The article presents the Decision Triangle, a simple visual model that breaks any decision into a trigger, a desired future, and an action, showing how it can improve decision-making in both everyday and strategic contexts.

Overview The article introduces the Decision Triangle, a simple visual model that breaks every decision into three essential elements - a trigger, a desired future, and an action.
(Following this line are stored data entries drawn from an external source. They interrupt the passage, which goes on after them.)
-- ===== src/Operations/Step.antt =====
-- src/context/durable_context/step.rs, step/replay.rs and step/execute.rs.
pub mod Updates
pub mod Builders
pub mod Outcomes
pub mod Sends
pub mod Replays
use lambda_durable_execution.Base.{ℕ, String, Bool, Option, none, some, if◌then◌else◌, unwrap_or}
use lambda_durable_execution.Base.Dict
use lambda_durable_execution.Base.Result.{Result, ok, err}
use lambda_durable_execution.Duration.{Duration}
use lambda_durable_execution.Errors.{BoxError, DurableError, step_failed_msg, step_failed_boxed}
use lambda_durable_execution.Types.{Operation, OperationStatus, OperationAction, OperationUpdate}
use lambda_durable_execution.Termination.{terminate_for_retry}
use lambda_durable_execution.Checkpoint.{LambdaService}
use lambda_durable_execution.Retry.{RetryStrategy}
use lambda_durable_execution.Context.{ExecutionMode, next_operation_id}
use lambda_durable_execution.Context.Run.{
  Op, ◌>>=◌, ◌>>◌, return, fail, suspend, set_mode, terminating, built, send, send_queued, Serdes,
  Json, safe_serialize, safe_deserialize,
}
use lambda_durable_execution.Operations.{replayed}
pub use lambda_durable_execution.Operations.Step.Updates.{
  StepSemantics, StepConfig, StepContext, StepIds, details_attempt, operation_attempt,
  details_payload, details_message, missing_output, already_started,
}
unfoldable pub use lambda_durable_execution.Operations.Step.Updates.{
  attempts_made, interrupted, step_builder, fail_builder, retry_builder, succeed_builder,
}

module _ {S : Type 0} (svc : LambdaService S) where
  -- The RETRY update, and the suspension behind it.
  unfoldable pub retry_later : {A : Type 0} → StepIds → BoxError → Option Duration → Op S A
  unfolding retry_builder built send terminating terminate_for_retry
  retry_later ids e delay = do
    update ← built "Failed to build step RETRY update" (retry_builder ids e delay)
    send svc ids.step_id update
    terminating terminate_for_retry
    suspend

  -- The FAIL update, and the error behind it.
  unfoldable pub give_up : {A : Type 0} → StepIds → BoxError → DurableError → Op S A
  unfolding fail_builder built send
  give_up ids e result = do
    update ← built "Failed to build step FAIL update" (fail_builder ids e)
    send svc ids.step_id update
    fail result

  -- What an error of the user's function leads to.
  unfoldable pub step_errored : {A : Type 0} → StepIds → RetryStrategy → ℕ → BoxError → Op S A
  unfolding retry_later give_up step_failed_boxed
  step_errored ids strategy attempt error =
      let decision = strategy error attempt in
      if decision.should_retry
      then retry_later ids error decision.delay
      else give_up ids error (step_failed_boxed ids.step_id attempt error)

  -- A step that was interrupted and may not run again in this attempt.
  unfoldable pub replay_interrupted : {A : Type 0} → StepIds → RetryStrategy → Operation → Op S A
  unfolding set_mode attempts_made interrupted give_up retry_later step_failed_msg
  replay_interrupted ids strategy op =
      let attempts = attempts_made (some op) in
      let error = interrupted ids in
      let decision = strategy error attempts in
      set_mode ExecutionMode.execution
      >> (if decision.should_retry
          then retry_later ids error decision.delay
          else give_up ids error (step_failed_msg ids.step_id attempts error.message))

unfoldable pub replay_failed : {S A : Type 0} → StepIds → Operation → Op S A
unfolding attempts_made step_failed_msg
replay_failed ids op =
    fail (step_failed_msg ids.step_id (attempts_made (some op)) (details_message op.step_details))

unfoldable pub replay_pending : {S A : Type 0} → Op S A
unfolding set_mode terminating terminate_for_retry
replay_pending = do set_mode ExecutionMode.execution; terminating terminate_for_retry; suspend

module _ {S T : Type 0} (svc : LambdaService S) (eager : Bool) (json : Json T) where
  abbrev pub return_replayed : Option T → Op S (Option T)
  return_replayed none = fail missing_output
  return_replayed (some v) = return (some v)

  -- A step that succeeded: its value is read back.
  unfoldable pub replay_succeeded : StepIds → Option (Serdes T) → Operation → Op S (Option T)
  unfolding safe_deserialize
  replay_succeeded ids serdes op = elim (details_payload op.step_details) [
    | none ↦ fail missing_output
    | some payload ↦
        safe_deserialize json serdes (some payload) ids.hashed_id ids.name >>= return_replayed
  ]

  unfoldable pub replay_started :
      StepSemantics → StepIds → RetryStrategy → Operation → Op S (Option T)
  replay_started StepSemantics.at_most_once_per_retry ids strategy op =
      replay_interrupted svc ids strategy op
  replay_started StepSemantics.at_least_once_per_retry ids strategy op = return none

  -- `none`: the step is to be executed.
  unfoldable pub handle_replay :
      StepSemantics
      → StepIds
      → RetryStrategy
      → Option (Serdes T)
      → Option Operation
      → Op S (Option T)
  unfolding replay_succeeded replay_failed replay_pending replay_interrupted replay_started
  handle_replay semantics ids strategy serdes none = return none
  handle_replay semantics ids strategy serdes (some op) = elim op.status [
    | OperationStatus.succeeded ↦ replay_succeeded ids serdes op
    | OperationStatus.failed ↦ replay_failed ids op
    | OperationStatus.pending ↦ replay_pending
    | OperationStatus.started ↦ replay_started semantics ids strategy op
    | _ ↦ return none
  ]

  abbrev pub send_start : StepSemantics → String → OperationUpdate → Op S (Unit {0})
  send_start StepSemantics.at_most_once_per_retry step_id update = send svc step_id update
  send_start StepSemantics.at_least_once_per_retry step_id update =
      send_queued svc eager step_id update

  -- The first phase: a START unless the operation has started.
  unfoldable pub start_step : StepSemantics → StepIds → Option Operation → Op S (Unit {0})
  unfolding step_builder built send send_queued
  start_step semantics ids op =
      if already_started op
      then return tt
      else built "Failed to build step START update" (step_builder ids OperationAction.start)
        >>= λ update. send_start semantics ids.step_id update

  -- The user's function, which may change the outside world.
  unfoldable pub call_step :
      (StepContext → S → Result BoxError T × S) → StepIds → ℕ → Op S (Result BoxError T)
  call_step step_fn ids attempt ctx s =
      let c : StepContext = record {
        step_name = ids.name;
        operation_id = ids.hashed_id;
        durable_execution_arn = ctx.durable_execution_arn;
        mode = ctx.mode;
        attempt = some attempt;
      } in
      let (result, s') = step_fn c s in return result ctx s'

  unfoldable pub step_succeeded : StepIds → Option (Serdes T) → T → Op S T
  unfolding safe_serialize succeed_builder built send
  step_succeeded ids serdes value = do
    payload ← safe_serialize json serdes (some value) ids.hashed_id ids.name
    update ← built "Failed to build step SUCCEED update" (succeed_builder ids payload)
    send svc ids.step_id update
    return value

  abbrev pub finish_step :
      StepIds → RetryStrategy → Option (Serdes T) → ℕ → Result BoxError T → Op S T
  finish_step ids strategy serdes attempt (ok value) = step_succeeded ids serdes value
  finish_step ids strategy serdes attempt (err error) = step_errored svc ids strategy attempt error

  unfoldable pub run_step_execution :
      (StepContext → S → Result BoxError T × S)
      → StepSemantics
      → StepIds
      → RetryStrategy
      → Option (Serdes T)
      → Option Operation
      → Op S T
  unfolding set_mode start_step call_step step_succeeded step_errored attempts_made
  run_step_execution step_fn semantics ids strategy serdes op = do
    set_mode ExecutionMode.execution
    start_step semantics ids op
    result ← call_step step_fn ids (attempts_made op)
    finish_step ids strategy serdes (attempts_made op) result

  abbrev pub unless_replayed : Op S T → Option T → Op S T
  unless_replayed run none = run
  unless_replayed run (some v) = return v

  -- `step`, for a hash of ids and the default retry strategy.
  unfoldable pub step :
      (String → String)
      → RetryStrategy
      → Option String
      → (StepContext → S → Result BoxError T × S)
      → StepConfig T
      → Op S T
  unfolding next_operation_id handle_replay run_step_execution
  step hash default_strategy name step_fn config ctx =
      let (step_id, counted) = next_operation_id name ctx in
      let ids : StepIds = record {
        step_id = step_id;
        hashed_id = hash step_id;
        name = name;
        parent_id = ctx.current_parent_id;
      } in
      let strategy = unwrap_or config.retry_strategy default_strategy in
      let op = replayed ids.hashed_id ctx in
      (handle_replay config.semantics ids strategy config.serdes op
          >>= unless_replayed
              (run_step_execution step_fn config.semantics ids strategy config.serdes op))
        counted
It explains how the model can be applied to both casual (e.g., lunch) and impactful engineering decisions, and shows its relationship to existing practices such as ADRs, decision quality frameworks, and product planning techniques.

Key Takeaways

  • Every decision can be expressed as a trigger, a desired future, and an action.
  • Making the trigger explicit adds urgency and context to decision discussions.
  • Stating the desired future clarifies intent and aligns stakeholders, similar to user stories or OKRs.
  • The model works for quick, System 1 decisions as well as strategic, high-impact choices.

Who Would Benefit

  • Engineering managers looking to improve decision documentation.
  • Technical leads who need a lightweight framework for team decisions.
  • Architects and product owners who want to align decisions with outcomes.
  • Anyone interested in better decision-making practices.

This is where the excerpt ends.